• INPUT RECORDS:
------------------------------------

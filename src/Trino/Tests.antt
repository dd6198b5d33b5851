-- ===== src/Trino/Tests.antt =====
-- A plan with a join of two tables, and what it costs.
use trino_gateway.Prelude.{ℕ, ◌≡◌, refl, true, Option, none, some, [], ◌∷◌, ◌++◌, length}
use trino_gateway.Prelude.Text.{Text, codes}
use trino_gateway.Trino.Plan.{Features, no_features, split_lines, parse_query_plan}
use trino_gateway.Trino.Plan.Laws.{IsCounted, parse_query_plan-IsCounted}
use trino_gateway.Prelude.Round.{round_div}
use trino_gateway.Trino.Cost.{HistoricalStats, estimate_cost_from_plan}

abbrev plan : Text
plan =
    codes "- Left Join[x = y] 40 rows\n  - TableScan[table = hive:orders, grouped]\n"
    ++ codes "  - TableScan[table= hive:users] 1200  rows\n"

abbrev float : Text → Option ℕ
float t = some 1_000_000

abbrev features : Features
features = record no_features {
  has_join = true;
  join_count = 1;
  join_types = "LEFT" ∷ [];
  has_table_scan = true;
  table_scan_count = 2;
  scanned_tables = codes "hive:orders" ∷ codes "hive:users" ∷ [];
  output_rows_estimate = 1200;
}

plan_read : parse_query_plan float plan ≡ some features
unfolding parse_query_plan
plan_read = refl

parse_query_plan-IsCounted_example : let n = length (split_lines plan) in IsCounted n n n features
parse_query_plan-IsCounted_example = parse_query_plan-IsCounted float plan features plan_read

abbrev month : HistoricalStats
month = record { avg_cost = some (record { digits = 25; places = 1 }) }

-- 0.0000004 dollars
abbrev tiny : HistoricalStats
tiny = record { avg_cost = some (record { digits = 4; places = 7 }) }

tiny_cost : (estimate_cost_from_plan features (some tiny)).estimated_cost ≡ 0
unfolding estimate_cost_from_plan round_div
tiny_cost = refl

-- 0.001 + 0.5 + 0.2 dollars
cost_of_plan : (estimate_cost_from_plan features none).estimated_cost ≡ 701_000
unfolding estimate_cost_from_plan round_div
cost_of_plan = refl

------------------------------------

Could you retype exactly the lines above, starting at the line that contains "parse_query_plan-IsCounted_example : let" and ending at the line that contains "abbrev month : HistoricalStats", and nothing more?

parse_query_plan-IsCounted_example : let n = length (split_lines plan) in IsCounted n n n features
parse_query_plan-IsCounted_example = parse_query_plan-IsCounted float plan features plan_read

abbrev month : HistoricalStats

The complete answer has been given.